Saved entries
########################################

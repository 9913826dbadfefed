-- ===== src/Reclaim/Aliases/Agreed.antt =====
-- reclaim/alias.go: the links and what the watchers were told, after a change of one entry.
use mathlib.Core.Path.{subst}
use traefik_middleware_utili.Keys.{find, store}
use traefik_middleware_utili.Keys.Laws.{find-store, find-store_other, same_key}
use traefik_middleware_utili.Prelude.{
  ℕ, Bool-cases, Bytes, List, Option, [], arith, false, inl, inr, none, refl, some, true, ◌==◌,
  ◌||◌, ◌∷◌, ◌≡◌, sym, ◌∙◌, ltb, ◌+◌, ==_iff, ap,
}
use traefik_middleware_utili.Reclaim.Values.{Any, put_at}
use traefik_middleware_utili.Reclaim.Aliases.{
  AliasEntry, Aliases, bind_entry, detach_alias, detached, entry_of, is_at, released,
  store_watchers, write_entry,
}
use traefik_middleware_utili.Reclaim.System.Counts.{==_refl, same_slot}
use traefik_middleware_utili.Prelude.{not, if_cases}
use traefik_middleware_utili.Reclaim.Aliases.{
  clear_alias, clear_others, publish_entry, published_by,
}
use traefik_middleware_utili.Reclaim.Aliases.Told.{IsTold, released-IsTold, store_watchers-IsTold}
use traefik_middleware_utili.Reclaim.Aliases.Links.{
  IsLinked, bind_entry-IsLinked, detach_alias-IsLinked, detach_alias-none, write_entry-IsLinked,
}

-- The links agree, and all watchers have been told.
pub record IsAgreed (values : ℕ → Any) (early : ℕ → ℕ → Type 0) (a : Aliases) : Type 0 where
  pub linked : IsLinked a
  pub told : (e : ℕ) → IsTold values (early e) (a.entries e)

pub detach_other :
    (e k : ℕ) (a : Aliases) → (e == k) ≡ false → (detach_alias e a).entries k ≡ a.entries k
unfolding detach_alias put_at
detach_other e k a d = go (a.entries e).incarnation
  where
    go : (o : Option ℕ) → (detached e o a).entries k ≡ a.entries k
    go none = refl
    go (some i) = rw d refl

-- A change of one entry, whose watchers have been told.
pub changed-IsAgreed :
    (values : ℕ → Any) (early : ℕ → ℕ → Type 0) (e : ℕ) (a b : Aliases)
    → IsLinked b
    → ((k : ℕ) → (e == k) ≡ false → b.entries k ≡ a.entries k)
    → IsTold values (early e) (b.entries e)
    → IsAgreed values early a
    → IsAgreed values early b
changed-IsAgreed values early e a b l others here g = record {
  linked = l;
  told = λ k. elim (same_slot e k) [
    | inl c ↦ subst (λ k. IsTold values (early k) (b.entries k)) c here
    | inr d ↦ rw (others k d) (g.told k)
  ];
}

store_incarnation :
    (v : Any) (entry : AliasEntry) → (store_watchers v entry).incarnation ≡ entry.incarnation
unfolding store_watchers
store_incarnation v entry = refl

pub released-none : (entry : AliasEntry) → (released entry).incarnation ≡ none
unfolding released store_watchers
released-none entry = refl

pub clear_alias-IsAgreed :
    (values : ℕ → Any) (early : ℕ → ℕ → Type 0) (e : ℕ) (a : Aliases)
    → IsAgreed values early a
    → IsAgreed values early (clear_alias e a)
unfolding clear_alias put_at
clear_alias-IsAgreed values early e a g =
    let apart = detach_alias e a in
    changed-IsAgreed values early e a (write_entry e (released (apart.entries e)) apart)
      (write_entry-IsLinked e (released (apart.entries e)) apart
        (released-none (apart.entries e) ∙ sym (detach_alias-none e a))
        (detach_alias-IsLinked e a g.linked))
      (λ k d. rw d (detach_other e k a d))
      (rw (==_refl e) (released-IsTold values (early e) (apart.entries e))) g

pub clear_others-IsAgreed :
    (values : ℕ → Any) (early : ℕ → ℕ → Type 0) (current : Option ℕ) (publisher group : Bytes)
    (names : List (Bytes × ℕ)) (a : Aliases)
    → IsAgreed values early a
    → IsAgreed values early (clear_others current publisher group names a)
unfolding clear_others
clear_others-IsAgreed values early current publisher group [] a g = g
clear_others-IsAgreed values early current publisher group ((k, e) ∷ names) a g =
    clear_others-IsAgreed values early current publisher group names _ (
      if_cases (IsAgreed values early)
        (is_at e current || not (published_by publisher group (a.entries e))) a (clear_alias e a)
        (λ _. g) (λ _. clear_alias-IsAgreed values early e a g))

-- A name that is new.
new_name-IsLinked :
    (alias : Bytes) (empty : Any) (a : Aliases)
    → IsLinked a
    → IsLinked (entry_of alias empty none a).1
unfolding put_at
new_name-IsLinked alias empty a l = record {
  forward = λ k i f. elim (same_slot n k) [
    | inl c ↦ let nothing : none ≡ some i = rw (← c, ==_refl n) at f in absurd cc
    | inr d ↦ l.forward k i (rw d at f)
  ];
  back = λ k i m.
      let points = l.back k i m in
      elim (same_slot n k) [
        | inl c ↦
            let nothing = l.fresh n not_yet in
            let here : (a.entries n).incarnation ≡ some i = rw (← c) at points in absurd cc
        | inr d ↦ rw d points
      ];
  fresh = λ k f. elim (same_slot n k) [
    | inl c ↦ rw (← c, ==_refl n) refl
    | inr d ↦ let before : ltb k n ≡ false = ground (arith, f) in rw d (l.fresh k before)
  ];
  named = λ key k f. elim (same_key key alias) [
    | inl c ↦
        let there : find alias (store alias n a.names) ≡ some k = rw c at f in
        let stored = find-store alias n a.names in let same : n ≡ k = cc in rw (← same) next
    | inr d ↦
        let before = l.named key k (sym (find-store_other alias key n a.names d) ∙ f) in
        ground (arith, before)
  ];
}
  where
    n : ℕ
    n = a.next_entry

    not_yet : ltb n n ≡ false
    not_yet = ground arith

    next : ltb n (n + 1) ≡ true
    next = ground arith

pub entry_of-IsAgreed :
    (values : ℕ → Any) (early : ℕ → ℕ → Type 0) (alias : Bytes) (empty : Any) (o : Option ℕ)
    (a : Aliases)
    → find alias a.names ≡ o
    → IsAgreed values early a
    → IsAgreed values early (entry_of alias empty o a).1
      × (ltb (entry_of alias empty o a).0 (entry_of alias empty o a).1.next_entry ≡ true)
unfolding put_at
entry_of-IsAgreed values early alias empty (some e) a f g = (g, g.linked.named alias e f)
entry_of-IsAgreed values early alias empty none a f g =
    let n = a.next_entry in
    (
      changed-IsAgreed values early n a (entry_of alias empty none a).1
          (new_name-IsLinked alias empty a g.linked) (λ k d. rw d refl) (rw (==_refl n) tt) g,
      next n,
    )
  where
    next : (n : ℕ) → ltb n (n + 1) ≡ true
    next n = ground arith

is_at_lem : (i : ℕ) (o : Option ℕ) → is_at i o ≡ true → o ≡ some i
is_at_lem i none q = cc
is_at_lem i (some k) q = ap some (sym ((==_iff i k).0 q))

pub bind_entry-here : (e i : ℕ) (a : Aliases) → ((bind_entry e i a).entries e).incarnation ≡ some i
unfolding bind_entry put_at
bind_entry-here e i a = elim (Bool-cases (is_at i (a.entries e).incarnation)) [
  | inl q ↦ rw q (is_at_lem i (a.entries e).incarnation q)
  | inr q ↦ rw q (rw (==_refl e) refl)
]

pub bind_entry-other :
    (e i k : ℕ) (a : Aliases) → (e == k) ≡ false → (bind_entry e i a).entries k ≡ a.entries k
unfolding bind_entry put_at
bind_entry-other e i k a d = elim (Bool-cases (is_at i (a.entries e).incarnation)) [
  | inl q ↦ rw q refl
  | inr q ↦ rw q (rw d (detach_other e k a d))
]

pub publish_entry-IsAgreed :
    (values : ℕ → Any) (early : ℕ → ℕ → Type 0) (e i : ℕ) (publisher group : Bytes) (a : Aliases)
    → ltb e a.next_entry ≡ true
    → IsAgreed values early a
    → IsAgreed values early (publish_entry e i (values i) publisher group a)
unfolding publish_entry put_at
publish_entry-IsAgreed values early e i publisher group a n g =
    let there = bind_entry e i a in
    let entry = record (there.entries e) { publisher = publisher; group = group } in
    changed-IsAgreed values early e a (write_entry e (store_watchers (values i) entry) there)
      (write_entry-IsLinked e (store_watchers (values i) entry) there
        (store_incarnation (values i) entry) (bind_entry-IsLinked e i a n g.linked))
      (λ k d. rw d (bind_entry-other e i k a d))
      (rw (==_refl e) (store_watchers-IsTold values (early e) i entry (bind_entry-here e i a))) g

########################################

Aim of the exercise.
Every line that contains the string "empty" should be copied from the records.

Answer to the exercise.
    (alias : Bytes) (empty : Any) (a : Aliases)
    → IsLinked (entry_of alias empty none a).1
new_name-IsLinked alias empty a l = record {
    (values : ℕ → Any) (early : ℕ → ℕ → Type 0) (alias : Bytes) (empty : Any) (o : Option ℕ)
    → IsAgreed values early (entry_of alias empty o a).1
      × (ltb (entry_of alias empty o a).0 (entry_of alias empty o a).1.next_entry ≡ true)
entry_of-IsAgreed values early alias empty (some e) a f g = (g, g.linked.named alias e f)
entry_of-IsAgreed values early alias empty none a f g =
      changed-IsAgreed values early n a (entry_of alias empty none a).1
          (new_name-IsLinked alias empty a g.linked) (λ k d. rw d refl) (rw (==_refl n) tt) g,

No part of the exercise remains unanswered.